I needed to get some air space. I needed time to think. I needed to distract them—give them something to do while I thought. I dropped a one-inch long Teflon-coated magnet into a beaker of water, set it on the flat plate of the magnetic stirrer and twisted the dial below to a setting of 6 out of 10. The magnet spun in place and the water swirled, making an eddy in the middle. The four dipsticks huddled around my display and scribbled notes. Seattle took a picture. Then they looked at me as if I’d solved the ultimate riddle of time and space.
“Who has me targeted?” I asked. “Who is we?”

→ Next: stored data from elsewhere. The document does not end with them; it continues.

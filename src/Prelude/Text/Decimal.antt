-- ===== src/Prelude/Text/Decimal.antt =====
-- Decimal numbers: `to_string` of a `u64`, and `str::parse` of `u64` and `i64`.
use hyperiondb.Prelude.{
  ℕ, zero, suc, ◌+◌, ◌-◌, ◌*◌, ◌/◌, ◌%◌, ◌^◌, ◌<◌, ◌≤◌, ◌≡◌, refl, ◌∙◌, ◌||◌, Option, none, some,
  [], ◌∷◌, arith, leb, ltb, ◌==◌, if◌then◌else◌, All, ◌>>=◌, ap, sym, ◌≢◌, ◌⊎◌, inl, inr,
  Bool-cases, >>=-eq-some,
}
use mathlib.Core.Path.{subst}
use mathlib.Core.Option.{some-injective}
use native.Mathlib.Nat.{pow-suc}
use hyperiondb.Prelude.Words.{u64_mod}
use hyperiondb.Prelude.Text.{Text}

-- The decimal digits of `n` in front of `out`; a `u64` has at most 20.
unfoldable pub digits : ℕ → ℕ → Text → Text
digits zero n out = out
digits (suc k) n out =
    let d = b'0' + n % 10 in
    let rest = digits k (n / 10) (d ∷ out) in if n / 10 == 0 then d ∷ out else rest

abbrev pub show : ℕ → Text
show n = digits 20 n []

-- The digits behind `n`, refused when they leave the range below `bound`.
unfoldable pub scan : ℕ → Text → ℕ → Option ℕ
scan bound [] n = some n
scan bound (c ∷ s) n =
    let m = n * 10 + (c - b'0') in
    let rest = scan bound s m in
    if ltb c b'0' || ltb b'9' c then none else if leb bound m then none else rest

unfoldable pub scan_all : ℕ → Text → Option ℕ
scan_all bound [] = none
scan_all bound (c ∷ s) = scan bound (c ∷ s) 0

-- `parse::<u64>`: one plus sign may stand in front.
unfoldable pub parse_u64 : Text → Option ℕ
parse_u64 [] = none
parse_u64 (c ∷ s) = if c == b'+' then scan_all u64_mod s else scan_all u64_mod (c ∷ s)

-- `parse::<i64>`, with `value.max(0) as u64` behind it: a negative number becomes 0.
unfoldable pub parse_i64_max0 : Text → Option ℕ
parse_i64_max0 [] = none
parse_i64_max0 (c ∷ s) =
    if c == b'-'
    then scan_all (2 ^ 63 + 1) s >>= (λ n. some 0)
    else if c == b'+'
    then scan_all (2 ^ 63) s
    else scan_all (2 ^ 63) (c ∷ s)

abbrev pub IsDigit : ℕ → Type 0
IsDigit c = (b'0' ≤ c) × (c ≤ b'9')

pub digits-IsDigit : (k n : ℕ) (out : Text) → All IsDigit out → All IsDigit (digits k n out)
unfolding digits
digits-IsDigit zero n out h = h
digits-IsDigit (suc k) n out h = ground (arith, digits-IsDigit k (n / 10) ((b'0' + n % 10) ∷ out))

small : (n : ℕ) → (n ≡ 0) ⊎ (n ≢ 0)
small zero = inl refl
small (suc n) = inr (omega arith)

digits-last : (k n : ℕ) (out : Text) → n / 10 ≡ 0 → digits (suc k) n out ≡ (b'0' + n % 10) ∷ out
unfolding digits
digits-last k n out e = ground (arith, e)

digits-more :
    (k n : ℕ) (out : Text)
    → n / 10 ≢ 0
    → digits (suc k) n out ≡ digits k (n / 10) ((b'0' + n % 10) ∷ out)
unfolding digits
digits-more k n out e = ground (arith, e)

scan-last :
    (n : ℕ) (out : Text)
    → n < u64_mod
    → scan u64_mod ((b'0' + n % 10) ∷ out) (n / 10) ≡ scan u64_mod out n
unfolding scan
scan-last n out h = ground arith

scan-digits :
    (k n : ℕ) (out : Text)
    → n < 10 ^ suc k
    → n < u64_mod
    → scan u64_mod (digits (suc k) n out) 0 ≡ scan u64_mod out n
scan-digits zero n out h fits =
    let e : n / 10 ≡ 0 = omega arith in
    ap (λ (t : Text). scan u64_mod t 0) (digits-last 0 n out e)
    ∙ ap (scan u64_mod ((b'0' + n % 10) ∷ out)) (sym e)
    ∙ scan-last n out fits
scan-digits (suc k) n out h fits = elim (small (n / 10)) [
  | inl e ↦
      ap (λ (t : Text). scan u64_mod t 0) (digits-last (suc k) n out e)
      ∙ ap (scan u64_mod ((b'0' + n % 10) ∷ out)) (sym e)
      ∙ scan-last n out fits
  | inr e ↦
      ap (λ (t : Text). scan u64_mod t 0) (digits-more (suc k) n out e)
      ∙ scan-digits k (n / 10) ((b'0' + n % 10) ∷ out) (omega (arith, pow-suc 10 (suc k)))
          (omega arith)
      ∙ scan-last n out fits
]

-- A number is not printed as nothing.
digits-onto : (k n c : ℕ) (out : Text) → (d : ℕ) × (s : Text) × (digits k n (c ∷ out) ≡ d ∷ s)
digits-onto zero n c out = (c, out, unfold digits in refl)
digits-onto (suc k) n c out = elim (small (n / 10)) [
  | inl e ↦ (b'0' + n % 10, c ∷ out, digits-last k n (c ∷ out) e)
  | inr e ↦
      let (d, s, q) = digits-onto k (n / 10) (b'0' + n % 10) (c ∷ out) in
      (d, s, digits-more k n (c ∷ out) e ∙ q)
]

-- The print of a number is a digit and more digits.
pub show-cons : (n : ℕ) → (c : ℕ) × (s : Text) × (show n ≡ c ∷ s) × IsDigit c × All IsDigit s
show-cons n =
    let all_digits = digits-IsDigit 20 n [] tt in
    let (c, s, e) : (c : ℕ) × (s : Text) × (show n ≡ c ∷ s) = elim (small (n / 10)) [
      | inl e ↦ (b'0' + n % 10, [], digits-last 19 n [] e)
      | inr e ↦
          let (d, s, q) = digits-onto 19 (n / 10) (b'0' + n % 10) [] in
          (d, s, digits-more 19 n [] e ∙ q)
    ] in
    let (first, rest) = subst (All IsDigit) e all_digits in (c, s, e, first, rest)

parse_u64-digit : (c : ℕ) (s : Text) → IsDigit c → parse_u64 (c ∷ s) ≡ scan u64_mod (c ∷ s) 0
unfolding parse_u64 scan_all
parse_u64-digit c s h = ground arith

-- A `u64` is read back from its decimal print.
pub parse_u64-show : (n : ℕ) → n < u64_mod → parse_u64 (show n) ≡ some n
unfolding scan
parse_u64-show n h =
    let (c, s, e, first, rest) = show-cons n in
    ap parse_u64 e
    ∙ parse_u64-digit c s first
    ∙ ap (λ (t : Text). scan u64_mod t 0) (sym e)
    ∙ scan-digits 19 n [] (omega arith) h

pub scan-bound : (bound : ℕ) (s : Text) (n r : ℕ) → n < bound → scan bound s n ≡ some r → r < bound
unfolding scan
scan-bound bound [] n r h e = ground arith
scan-bound bound (c ∷ s) n r h e = ground (arith, scan-bound bound s (n * 10 + (c - b'0')) r)

pub parse_u64-bound : (s : Text) (n : ℕ) → parse_u64 s ≡ some n → n < u64_mod
unfolding parse_u64 scan_all
parse_u64-bound [] n e = cc
parse_u64-bound (c ∷ []) n e = ground (arith, scan-bound u64_mod (c ∷ []) 0 n (omega arith))
parse_u64-bound (c ∷ (d ∷ s)) n e = ground (
  arith,
  scan-bound u64_mod (d ∷ s) 0 n (omega arith),
  scan-bound u64_mod (c ∷ d ∷ s) 0 n (omega arith),
)

scan_all-bound : (bound : ℕ) (s : Text) (n : ℕ) → 0 < bound → scan_all bound s ≡ some n → n < bound
unfolding scan_all
scan_all-bound bound [] n h e = cc
scan_all-bound bound (c ∷ s) n h e = scan-bound bound (c ∷ s) 0 n h e

pub parse_i64_max0-bound : (s : Text) (n : ℕ) → parse_i64_max0 s ≡ some n → n < 2 ^ 63
unfolding parse_i64_max0
parse_i64_max0-bound [] n e = cc
parse_i64_max0-bound (c ∷ s) n e = elim (Bool-cases (c == b'-')) [
  | inl q ↦
      let (m, _, h) = >>=-eq-some (scan_all (2 ^ 63 + 1) s) (λ m. some 0) (simp q at e) in
      ground (arith, some-injective _ _ h)
  | inr q ↦ elim (Bool-cases (c == b'+')) [
    | inl r ↦ scan_all-bound (2 ^ 63) s n (omega arith) (simp (q, r) at e)
    | inr r ↦ scan_all-bound (2 ^ 63) (c ∷ s) n (omega arith) (simp (q, r) at e)
  ]
]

Bean Counter gave me a card with a real name and company, Wade Brennan, Mygenesis Corporation, Security Advisors for Industry. Great, I thought, how wonderful. I knew the name of a person and a company and I still didn’t understand squat. The silence in the room could have killed a lightning storm.
Brennan hadn’t answered my question so I tried another approach. “You four made a point of secret identities. Now you tell me who you are. Why?” I demanded.
“Because your demo showed us who you are better than any ID ever could,” Brennan answered. “We weren’t sure you weren’t posing as a chemist and we need you to trust us.”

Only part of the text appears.